No Tejas in service has anything to match the PL-15E and CM-400 family. It is basically a MiG-21 right now with Russian A2A missiles. But probably worse than the MiG-21 which got into action in 2019. They kept the Tejas as far away from action as possible in May which speaks volumes.
Tejas is only nominally in service in the first place.

But either way, it's either mk.1 (elta 2032 and i-derby ER) or soon to come mk.1a (elta-2052 and same missile). First is adapted Lavi radar(planar array), second is it's AESA version.
Comparison of either to mig-21 radars is laughable, nothing close was ever proposed for the fishbed.
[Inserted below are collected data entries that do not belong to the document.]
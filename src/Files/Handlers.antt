-- ===== src/Files/Handlers.antt =====
-- The handlers of the attributes of a file, one after the other.
use aaaos_renovation_agent_o.Prelude.{
  ℕ, zero, suc, ◌-◌, ◌<◌, ◌≡◌, ◌≢◌, refl, ap, ◌∙◌, Bool, true, Option, none, some, List, [], ◌∷◌,
  ◌++◌, arith, take, length, if◌then◌else◌, ltb, Bool-cases, Option-cases, ◌⊎◌, inl, inr, ◌==◌,
}
use aaaos_renovation_agent_o.Params.{streq, param_value, param_from, match_at, field}
use aaaos_renovation_agent_o.Params.Streq.{streq_refl}
use aaaos_renovation_agent_o.Text.{codes}
use aaaos_renovation_agent_o.Files.{
  is_regular, Attr, Inode, set_attr, store_value, get_attr, del_attr, attr_max, make_attr,
  write_attrs, summary_refresh, answer, set_on, get_on, del_on, attr_text, set_file_attr,
  get_file_attr, del_file_attr, tool_ok, err_bad_param, tool_resp_set,
}
use aaaos_renovation_agent_o.Files.Attrs.{
  WellFormed, updated, store_value-none, set_attr-get, del_attr-get,
}

take-take : (n : ℕ) (xs : List ℕ) → take n (take n xs) ≡ take n xs
take-take zero xs = refl
take-take (suc n) [] = refl
take-take (suc n) (x ∷ xs) = ap (◌∷◌ x) (take-take n xs)

param_from-take :
    (start : Bool) (key v : List ℕ) (size : ℕ) (ps : List ℕ)
    → param_from start key size ps ≡ some v
    → take (size - 1) v ≡ v
unfolding param_from
param_from-take start key v size [] h = absurd (cc)
param_from-take start key v size (c ∷ cs) h = elim (Option-cases (match_at start key (c ∷ cs))) [
  | inl n ↦ param_from-take (c == b';') key v size cs (rw n at h)
  | inr (w, n) ↦
      let e : v ≡ take (size - 1) (field w) = (let h' = rw n at h in cc) in
      rw e (take-take (size - 1) (field w))
]

pub param_value-take :
    (ps key v : List ℕ) (size : ℕ) → param_value ps key size ≡ some v → take (size - 1) v ≡ v
unfolding param_value
param_value-take ps key v size h = param_from-take true key v size ps h

-- There is place for a value of the key.
abbrev pub Room : List ℕ → List Attr → Type 0
Room key as' = (length as' < attr_max) ⊎ (get_attr key as' ≢ none)

set_attr-some :
    (key v : List ℕ) (as' : List Attr)
    → Room key as'
    → (bs : List Attr) × (set_attr key v as' ≡ some bs)
unfolding set_attr
set_attr-some key v as' r = elim (Option-cases (store_value key v as')) [
  | inr (cs, n) ↦ rw n (cs, refl)
  | inl n ↦ elim r [
    | inl l ↦
        let t : ltb (length as') attr_max ≡ true = ground arith in
        rw (n, t) (as' ++ (make_attr key v ∷ []), refl)
    | inr g ↦ absurd (g (store_value-none key v as' n))
  ]
]

-- What the parameters of a call name: a path, a key, and the inode at the path
abbrev pub Names : (List ℕ → Option Inode) → List ℕ → List ℕ → List ℕ → Inode → Type 0
Names namei params path key ip =
    (param_value params (codes "path") 64 ≡ some path)
    × (param_value params (codes "key") 8 ≡ some key)
    × (namei path ≡ some ip)

pub set_on-eq :
    (key v : List ℕ) (ip : Inode) (bs : List Attr)
    → is_regular ip ≡ true
    → set_attr key v ip.attrs ≡ some bs
    → set_on key v (some ip) ≡ write_attrs (summary_refresh ip) (codes "attr set") bs
unfolding set_on
set_on-eq key v ip bs f e = rw (set_on, f, e) refl

set_file_attr-eq :
    (namei : List ℕ → Option Inode) (params path key v : List ℕ) (ip : Inode)
    → Names namei params path key ip
    → param_value params (codes "value") 16 ≡ some v
    → set_file_attr namei params ≡ set_on key v (some ip)
unfolding set_file_attr
set_file_attr-eq namei params path key v ip n w = rw (set_file_attr, n.0, n.1, w, n.2) refl

get_file_attr-eq :
    (namei : List ℕ → Option Inode) (params path key : List ℕ) (ip : Inode)
    → Names namei params path key ip
    → get_file_attr namei params true ≡ get_on path key (some ip)
unfolding get_file_attr
get_file_attr-eq namei params path key ip n = rw (get_file_attr, n.0, n.1, n.2) refl

del_file_attr-eq :
    (namei : List ℕ → Option Inode) (params path key : List ℕ) (ip : Inode)
    → Names namei params path key ip
    → del_file_attr namei params ≡ del_on key (some ip)
unfolding del_file_attr
del_file_attr-eq namei params path key ip n = rw (del_file_attr, n.0, n.1, n.2) refl

get_on-some :
    (path key v : List ℕ) (ip : Inode)
    → get_attr key ip.attrs ≡ some v
    → get_on path key (some ip) ≡ answer tool_ok (attr_text path key v)
unfolding get_on
get_on-some path key v ip e = rw (get_on, e) refl

get_on-none :
    (path key : List ℕ) (ip : Inode)
    → get_attr key ip.attrs ≡ none
    → get_on path key (some ip) ≡ answer err_bad_param (codes "attr not found")
unfolding get_on
get_on-none path key ip e = rw (get_on, e) refl

pub del_on-eq :
    (key : List ℕ) (ip : Inode) (bs : List Attr)
    → del_attr key ip.attrs ≡ some bs
    → del_on key (some ip) ≡ write_attrs ip (codes "attr deleted") bs
unfolding del_on
del_on-eq key ip bs e = rw (del_on, e) refl

del_attr-some :
    (key : List ℕ) (as' : List Attr)
    → get_attr key as' ≢ none
    → (bs : List Attr) × (del_attr key as' ≡ some bs)
unfolding del_attr get_attr
del_attr-some key [] h = absurd (h refl)
del_attr-some key (a ∷ as') h = elim (Bool-cases (streq a.key key)) [
  | inl e ↦ rw e (as', refl)
  | inr e ↦
      let r : (bs : List Attr) × (del_attr key as' ≡ some bs) =
        del_attr-some key as' (λ n. h (rw e n)) in
      rw (e, r.1) (a ∷ r.0, refl)
]

-- If the parameters name a file with room for the key, set_file_attr stores the value and changes no
-- other attribute, and get_file_attr with the same parameters then answers with the value.
pub set_file_attr-get_file_attr :
    (namei : List ℕ → Option Inode) (params path key v : List ℕ) (ip : Inode)
    → Names namei params path key ip
    → param_value params (codes "value") 16 ≡ some v
    → is_regular ip ≡ true
    → Room key ip.attrs
    → (ip' : Inode) × ((set_file_attr namei params).inode ≡ some ip')
      × ((set_file_attr namei params).changed ≡ true)
      × ((k : List ℕ) → get_attr k ip'.attrs ≡ updated key v k ip.attrs)
      × ((later : List ℕ → Option Inode)
          → later path ≡ some ip'
          → (get_file_attr later params true).response
            ≡ tool_resp_set tool_ok (attr_text path key v))
set_file_attr-get_file_attr namei params path key v ip n w f r =
    let s : (bs : List Attr) × (set_attr key v ip.attrs ≡ some bs) =
      set_attr-some key v ip.attrs r in
    let e = set_file_attr-eq namei params path key v ip n w ∙ set_on-eq key v ip s.0 f s.1 in
    let g : (k : List ℕ) → get_attr k s.0 ≡ updated key v k ip.attrs = λ k.
      set_attr-get key v k ip.attrs s.0 (param_value-take params (codes "key") key 8 n.1) s.1
      ∙ ap (λ x. updated key x k ip.attrs) (param_value-take params (codes "value") v 16 w) in
    (
      record (summary_refresh ip) { attrs = s.0 },
      ap (λ o. o.inode) e,
      ap (λ o. o.changed) e,
      g,
      λ later l.
          ap (λ o. o.response)
            (get_file_attr-eq later params path key (record (summary_refresh ip) { attrs = s.0 })
                (n.0, n.1, l)
              ∙ get_on-some path key v (record (summary_refresh ip) { attrs = s.0 })
                  (g key ∙ (rw (streq_refl key) refl))),
    )

-- If the parameters name an inode that has the attribute, del_file_attr takes it away and changes no
-- other attribute, and get_file_attr with the same parameters then answers "attr not found".
pub del_file_attr-get_file_attr :
    (namei : List ℕ → Option Inode) (params path key : List ℕ) (ip : Inode)
    → Names namei params path key ip
    → WellFormed ip.attrs
    → get_attr key ip.attrs ≢ none
    → (ip' : Inode) × ((del_file_attr namei params).inode ≡ some ip')
      × ((del_file_attr namei params).changed ≡ true)
      × ((k : List ℕ) → get_attr k ip'.attrs ≡ (if streq key k then none else get_attr k ip.attrs))
      × ((later : List ℕ → Option Inode)
          → later path ≡ some ip'
          → (get_file_attr later params true).response
            ≡ tool_resp_set err_bad_param (codes "attr not found"))
del_file_attr-get_file_attr namei params path key ip n d h =
    let s : (bs : List Attr) × (del_attr key ip.attrs ≡ some bs) = del_attr-some key ip.attrs h in
    let e = del_file_attr-eq namei params path key ip n ∙ del_on-eq key ip s.0 s.1 in
    let g : (k : List ℕ) → get_attr k s.0 ≡ (if streq key k then none else get_attr k ip.attrs) =
      λ k. del_attr-get key k ip.attrs s.0 d.1 s.1 in
    (
      record ip { attrs = s.0 },
      ap (λ o. o.inode) e,
      ap (λ o. o.changed) e,
      g,
      λ later l.
          ap (λ o. o.response)
            (get_file_attr-eq later params path key (record ip { attrs = s.0 }) (n.0, n.1, l)
              ∙ get_on-none path key (record ip { attrs = s.0 })
                  (g key ∙ (rw (streq_refl key) refl))),
    )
I-derby is already a small PL-15 in the first place (it's a dual pulse weapon, just much smaller; one of 3 such weapons in combat service by the way, together with...PL-15 and AIM-120D). Since it was bought as an emergency procurement after 2019, one would guess it flies further than the old RVV-AE.
Astra will probably come on one bright day, eventually, too.

I don't know what's the state of a2g integration with Tejas, but given that "make in India" tends to mean "Israeli" - it's either rampage (already in Indian service, on mig-29upg and mig-29k) or Lora(soon to come). Both were shown in combat recently, with a stellar - better than CM400 two months ago, - performance record (especially in unilaterally killed civilians, but for both developer and customer in our case it's a viable use scenario).

JF-17 is a mature program, plain and square. But it's mature, not the least, because Chengdu didn't aim for the stars and rather ambitious aerodynamic shape back in 1990s, instead going for classic controls and conservative shape. Now, with blk.iii, it's a different story. Tejas aimed there from day 1, and it's part of the reason it took so long.